Your task: Reproduce only the top of the records, down to and including the line containing "k a ≡ none)".

[Records contained in a dataset]
--- START ---

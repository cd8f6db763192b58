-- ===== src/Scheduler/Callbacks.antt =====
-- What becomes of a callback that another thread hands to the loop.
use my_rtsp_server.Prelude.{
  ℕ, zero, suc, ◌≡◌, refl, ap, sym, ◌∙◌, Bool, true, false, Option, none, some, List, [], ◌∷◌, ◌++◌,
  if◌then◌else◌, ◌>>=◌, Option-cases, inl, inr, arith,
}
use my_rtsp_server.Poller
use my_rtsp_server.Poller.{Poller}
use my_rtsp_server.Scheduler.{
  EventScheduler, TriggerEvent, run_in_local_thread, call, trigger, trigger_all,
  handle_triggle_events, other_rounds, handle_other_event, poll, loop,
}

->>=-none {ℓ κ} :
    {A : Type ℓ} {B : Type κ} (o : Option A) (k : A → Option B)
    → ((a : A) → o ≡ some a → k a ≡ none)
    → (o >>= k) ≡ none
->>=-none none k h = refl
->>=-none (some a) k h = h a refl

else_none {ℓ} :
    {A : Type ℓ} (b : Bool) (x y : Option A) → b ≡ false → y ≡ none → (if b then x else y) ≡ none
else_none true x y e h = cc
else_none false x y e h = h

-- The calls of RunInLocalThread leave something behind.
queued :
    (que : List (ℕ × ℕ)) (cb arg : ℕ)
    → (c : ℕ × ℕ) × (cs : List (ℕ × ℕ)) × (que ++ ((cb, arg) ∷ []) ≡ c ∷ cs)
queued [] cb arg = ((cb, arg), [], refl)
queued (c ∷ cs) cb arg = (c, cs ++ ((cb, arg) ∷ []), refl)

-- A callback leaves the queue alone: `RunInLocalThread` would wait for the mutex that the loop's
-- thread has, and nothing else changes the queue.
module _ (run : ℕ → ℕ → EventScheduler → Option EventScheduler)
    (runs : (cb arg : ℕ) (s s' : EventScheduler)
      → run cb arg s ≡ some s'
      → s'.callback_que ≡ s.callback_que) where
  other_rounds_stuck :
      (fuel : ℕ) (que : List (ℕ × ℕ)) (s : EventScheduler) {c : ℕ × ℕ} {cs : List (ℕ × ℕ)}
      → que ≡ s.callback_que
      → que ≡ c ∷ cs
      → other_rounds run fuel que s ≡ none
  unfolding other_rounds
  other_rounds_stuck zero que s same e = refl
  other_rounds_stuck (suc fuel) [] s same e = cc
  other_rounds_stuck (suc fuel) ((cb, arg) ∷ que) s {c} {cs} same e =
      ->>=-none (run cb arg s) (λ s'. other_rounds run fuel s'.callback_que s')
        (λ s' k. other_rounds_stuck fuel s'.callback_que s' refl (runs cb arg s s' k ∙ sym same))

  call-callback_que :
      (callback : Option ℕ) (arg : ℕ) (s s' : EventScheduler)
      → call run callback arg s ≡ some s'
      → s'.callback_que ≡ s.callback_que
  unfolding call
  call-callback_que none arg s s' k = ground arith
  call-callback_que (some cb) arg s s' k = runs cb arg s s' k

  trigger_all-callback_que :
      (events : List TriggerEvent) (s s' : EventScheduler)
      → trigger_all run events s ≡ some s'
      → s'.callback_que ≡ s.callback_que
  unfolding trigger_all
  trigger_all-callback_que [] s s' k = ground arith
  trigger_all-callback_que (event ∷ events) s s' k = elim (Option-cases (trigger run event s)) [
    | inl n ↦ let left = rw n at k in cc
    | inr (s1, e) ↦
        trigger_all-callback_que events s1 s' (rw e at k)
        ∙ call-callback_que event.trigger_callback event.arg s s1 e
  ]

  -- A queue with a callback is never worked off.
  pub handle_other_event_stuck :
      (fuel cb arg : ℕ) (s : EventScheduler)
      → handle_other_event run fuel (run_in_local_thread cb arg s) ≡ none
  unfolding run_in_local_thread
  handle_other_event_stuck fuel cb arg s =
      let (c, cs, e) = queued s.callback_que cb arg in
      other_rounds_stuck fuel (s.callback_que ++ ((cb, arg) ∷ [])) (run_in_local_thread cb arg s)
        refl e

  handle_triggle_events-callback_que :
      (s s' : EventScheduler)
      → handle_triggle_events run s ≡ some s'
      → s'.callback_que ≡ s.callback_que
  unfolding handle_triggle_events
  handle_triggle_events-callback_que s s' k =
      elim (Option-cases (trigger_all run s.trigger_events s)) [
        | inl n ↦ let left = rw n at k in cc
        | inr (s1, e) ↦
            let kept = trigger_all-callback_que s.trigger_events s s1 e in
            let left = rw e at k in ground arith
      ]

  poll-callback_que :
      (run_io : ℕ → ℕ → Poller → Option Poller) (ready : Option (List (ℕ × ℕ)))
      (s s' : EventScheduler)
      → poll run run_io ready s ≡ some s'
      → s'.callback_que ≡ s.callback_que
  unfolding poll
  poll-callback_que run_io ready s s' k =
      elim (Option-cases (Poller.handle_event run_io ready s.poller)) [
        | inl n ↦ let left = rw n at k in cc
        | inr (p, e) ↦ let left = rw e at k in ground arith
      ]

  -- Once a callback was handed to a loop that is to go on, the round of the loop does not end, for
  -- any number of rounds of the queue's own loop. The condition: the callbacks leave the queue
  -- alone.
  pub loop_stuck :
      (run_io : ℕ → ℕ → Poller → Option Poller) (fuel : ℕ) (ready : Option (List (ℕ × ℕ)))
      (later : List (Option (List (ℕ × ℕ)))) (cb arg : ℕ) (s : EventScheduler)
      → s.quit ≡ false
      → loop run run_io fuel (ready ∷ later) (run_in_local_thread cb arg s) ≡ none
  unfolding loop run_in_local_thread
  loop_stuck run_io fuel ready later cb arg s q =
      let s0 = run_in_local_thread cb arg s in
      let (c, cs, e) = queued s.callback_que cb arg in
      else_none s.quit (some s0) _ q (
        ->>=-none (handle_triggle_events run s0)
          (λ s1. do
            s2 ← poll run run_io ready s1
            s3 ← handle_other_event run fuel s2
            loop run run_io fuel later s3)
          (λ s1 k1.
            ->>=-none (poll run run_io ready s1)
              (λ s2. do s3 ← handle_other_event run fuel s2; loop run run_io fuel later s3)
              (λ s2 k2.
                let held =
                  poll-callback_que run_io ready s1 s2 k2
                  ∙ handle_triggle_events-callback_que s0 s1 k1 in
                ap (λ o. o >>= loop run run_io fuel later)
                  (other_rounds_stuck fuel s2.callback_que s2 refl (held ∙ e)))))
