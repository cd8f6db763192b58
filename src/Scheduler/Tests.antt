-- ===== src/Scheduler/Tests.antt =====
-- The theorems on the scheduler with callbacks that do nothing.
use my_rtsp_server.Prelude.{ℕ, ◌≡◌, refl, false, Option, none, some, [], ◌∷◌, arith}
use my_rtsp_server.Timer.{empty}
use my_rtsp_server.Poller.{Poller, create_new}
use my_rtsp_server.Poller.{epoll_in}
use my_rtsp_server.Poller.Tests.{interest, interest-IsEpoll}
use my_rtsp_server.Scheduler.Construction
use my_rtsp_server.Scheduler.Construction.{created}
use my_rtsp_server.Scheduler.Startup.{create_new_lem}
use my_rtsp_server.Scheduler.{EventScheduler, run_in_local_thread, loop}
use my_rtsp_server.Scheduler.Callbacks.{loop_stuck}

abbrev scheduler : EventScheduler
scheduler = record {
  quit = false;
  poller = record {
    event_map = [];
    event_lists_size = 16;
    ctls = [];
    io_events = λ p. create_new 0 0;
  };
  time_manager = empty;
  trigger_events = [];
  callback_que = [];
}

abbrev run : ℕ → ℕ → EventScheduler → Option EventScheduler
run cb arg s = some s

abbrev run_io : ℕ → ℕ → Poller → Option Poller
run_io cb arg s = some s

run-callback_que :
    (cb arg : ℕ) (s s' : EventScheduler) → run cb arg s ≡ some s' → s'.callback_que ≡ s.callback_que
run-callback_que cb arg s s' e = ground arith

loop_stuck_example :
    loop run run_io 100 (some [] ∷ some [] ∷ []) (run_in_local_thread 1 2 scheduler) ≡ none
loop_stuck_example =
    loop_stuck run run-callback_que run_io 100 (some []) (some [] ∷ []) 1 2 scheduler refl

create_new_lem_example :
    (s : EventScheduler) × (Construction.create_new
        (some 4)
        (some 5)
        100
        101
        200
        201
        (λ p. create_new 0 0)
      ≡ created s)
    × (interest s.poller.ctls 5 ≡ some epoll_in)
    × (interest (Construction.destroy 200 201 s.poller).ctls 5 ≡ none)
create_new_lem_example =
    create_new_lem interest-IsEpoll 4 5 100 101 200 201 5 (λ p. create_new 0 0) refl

--- END ---

Output of the exercise:
repository cd8f6db763192b58
-- ===== src/Scheduler/Callbacks.antt =====
-- What becomes of a callback that another thread hands to the loop.
use my_rtsp_server.Prelude.{
  ℕ, zero, suc, ◌≡◌, refl, ap, sym, ◌∙◌, Bool, true, false, Option, none, some, List, [], ◌∷◌, ◌++◌,
  if◌then◌else◌, ◌>>=◌, Option-cases, inl, inr, arith,
}
use my_rtsp_server.Poller
use my_rtsp_server.Poller.{Poller}
use my_rtsp_server.Scheduler.{
  EventScheduler, TriggerEvent, run_in_local_thread, call, trigger, trigger_all,
  handle_triggle_events, other_rounds, handle_other_event, poll, loop,
}

->>=-none {ℓ κ} :
    {A : Type ℓ} {B : Type κ} (o : Option A) (k : A → Option B)
    → ((a : A) → o ≡ some a → k a ≡ none)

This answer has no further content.